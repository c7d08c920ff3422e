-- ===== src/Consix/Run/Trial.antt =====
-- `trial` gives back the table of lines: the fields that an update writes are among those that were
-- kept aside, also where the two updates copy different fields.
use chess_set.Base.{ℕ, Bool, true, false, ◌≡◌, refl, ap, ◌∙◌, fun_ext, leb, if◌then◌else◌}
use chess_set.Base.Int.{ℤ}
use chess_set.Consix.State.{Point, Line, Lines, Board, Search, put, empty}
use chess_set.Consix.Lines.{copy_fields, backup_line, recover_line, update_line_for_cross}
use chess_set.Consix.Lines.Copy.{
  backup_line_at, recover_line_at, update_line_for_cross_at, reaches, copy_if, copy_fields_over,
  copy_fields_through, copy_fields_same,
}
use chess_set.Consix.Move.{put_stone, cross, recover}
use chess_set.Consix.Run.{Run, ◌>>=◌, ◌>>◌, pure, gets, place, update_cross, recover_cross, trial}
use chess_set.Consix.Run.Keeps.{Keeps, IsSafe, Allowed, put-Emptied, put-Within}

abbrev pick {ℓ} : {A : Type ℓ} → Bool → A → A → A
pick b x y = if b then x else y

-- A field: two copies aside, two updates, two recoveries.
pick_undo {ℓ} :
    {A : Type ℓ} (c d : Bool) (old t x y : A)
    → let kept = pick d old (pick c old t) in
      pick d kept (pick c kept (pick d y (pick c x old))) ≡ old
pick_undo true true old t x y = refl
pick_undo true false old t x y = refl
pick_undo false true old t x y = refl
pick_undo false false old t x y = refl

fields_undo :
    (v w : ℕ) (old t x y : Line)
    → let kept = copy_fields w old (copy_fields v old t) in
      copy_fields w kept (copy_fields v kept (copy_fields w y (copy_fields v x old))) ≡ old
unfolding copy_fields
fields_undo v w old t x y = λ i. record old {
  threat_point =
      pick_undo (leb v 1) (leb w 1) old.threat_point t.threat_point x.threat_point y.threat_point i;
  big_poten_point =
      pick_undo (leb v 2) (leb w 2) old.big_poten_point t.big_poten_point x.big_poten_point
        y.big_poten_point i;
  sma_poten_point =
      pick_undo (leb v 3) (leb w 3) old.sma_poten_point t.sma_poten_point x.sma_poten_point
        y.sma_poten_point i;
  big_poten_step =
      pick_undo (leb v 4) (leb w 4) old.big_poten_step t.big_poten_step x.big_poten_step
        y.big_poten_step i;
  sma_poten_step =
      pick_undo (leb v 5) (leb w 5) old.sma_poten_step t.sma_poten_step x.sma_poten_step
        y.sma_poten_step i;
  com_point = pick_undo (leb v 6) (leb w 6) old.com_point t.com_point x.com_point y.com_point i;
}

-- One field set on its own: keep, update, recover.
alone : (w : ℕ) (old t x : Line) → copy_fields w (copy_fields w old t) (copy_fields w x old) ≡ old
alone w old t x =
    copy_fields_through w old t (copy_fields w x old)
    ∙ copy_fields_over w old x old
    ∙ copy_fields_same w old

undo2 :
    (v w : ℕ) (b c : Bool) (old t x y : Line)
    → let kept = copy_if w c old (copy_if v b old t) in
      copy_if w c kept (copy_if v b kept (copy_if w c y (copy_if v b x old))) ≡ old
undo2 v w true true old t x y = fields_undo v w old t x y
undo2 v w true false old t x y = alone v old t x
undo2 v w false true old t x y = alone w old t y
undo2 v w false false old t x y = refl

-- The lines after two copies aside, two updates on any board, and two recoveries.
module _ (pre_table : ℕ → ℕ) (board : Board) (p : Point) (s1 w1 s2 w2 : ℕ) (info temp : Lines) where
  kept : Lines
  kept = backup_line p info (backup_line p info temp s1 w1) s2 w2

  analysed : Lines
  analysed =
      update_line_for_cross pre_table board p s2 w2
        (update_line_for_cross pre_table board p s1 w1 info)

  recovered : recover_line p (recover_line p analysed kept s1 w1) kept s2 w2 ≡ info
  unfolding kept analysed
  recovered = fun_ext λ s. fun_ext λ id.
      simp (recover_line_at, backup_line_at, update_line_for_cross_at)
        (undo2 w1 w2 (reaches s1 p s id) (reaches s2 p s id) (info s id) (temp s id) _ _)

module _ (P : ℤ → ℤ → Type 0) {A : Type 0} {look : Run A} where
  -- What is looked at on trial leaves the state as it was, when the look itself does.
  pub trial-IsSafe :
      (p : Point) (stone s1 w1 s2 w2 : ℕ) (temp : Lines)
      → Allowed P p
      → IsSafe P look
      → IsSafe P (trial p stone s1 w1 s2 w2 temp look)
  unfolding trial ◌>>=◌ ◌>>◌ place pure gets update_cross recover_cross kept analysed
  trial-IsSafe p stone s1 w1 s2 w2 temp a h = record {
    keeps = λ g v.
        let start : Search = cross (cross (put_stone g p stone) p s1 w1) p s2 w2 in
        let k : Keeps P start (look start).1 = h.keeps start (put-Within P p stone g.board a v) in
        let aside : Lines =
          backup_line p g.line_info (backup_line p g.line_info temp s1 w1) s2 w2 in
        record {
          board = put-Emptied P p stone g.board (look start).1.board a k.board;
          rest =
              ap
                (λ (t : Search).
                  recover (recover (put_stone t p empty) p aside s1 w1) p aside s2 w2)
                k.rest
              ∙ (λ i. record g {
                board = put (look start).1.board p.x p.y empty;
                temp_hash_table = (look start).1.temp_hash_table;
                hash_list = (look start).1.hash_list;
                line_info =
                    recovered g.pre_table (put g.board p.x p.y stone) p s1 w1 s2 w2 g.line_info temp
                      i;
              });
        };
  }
● ● ● ● ●
• [Assignment]: Wherever the string "record" appears in a line above, copy that line.

• [Reply to the exercise]:
fields_undo v w old t x y = λ i. record old {
  trial-IsSafe p stone s1 w1 s2 w2 temp a h = record {
        record {
              ∙ (λ i. record g {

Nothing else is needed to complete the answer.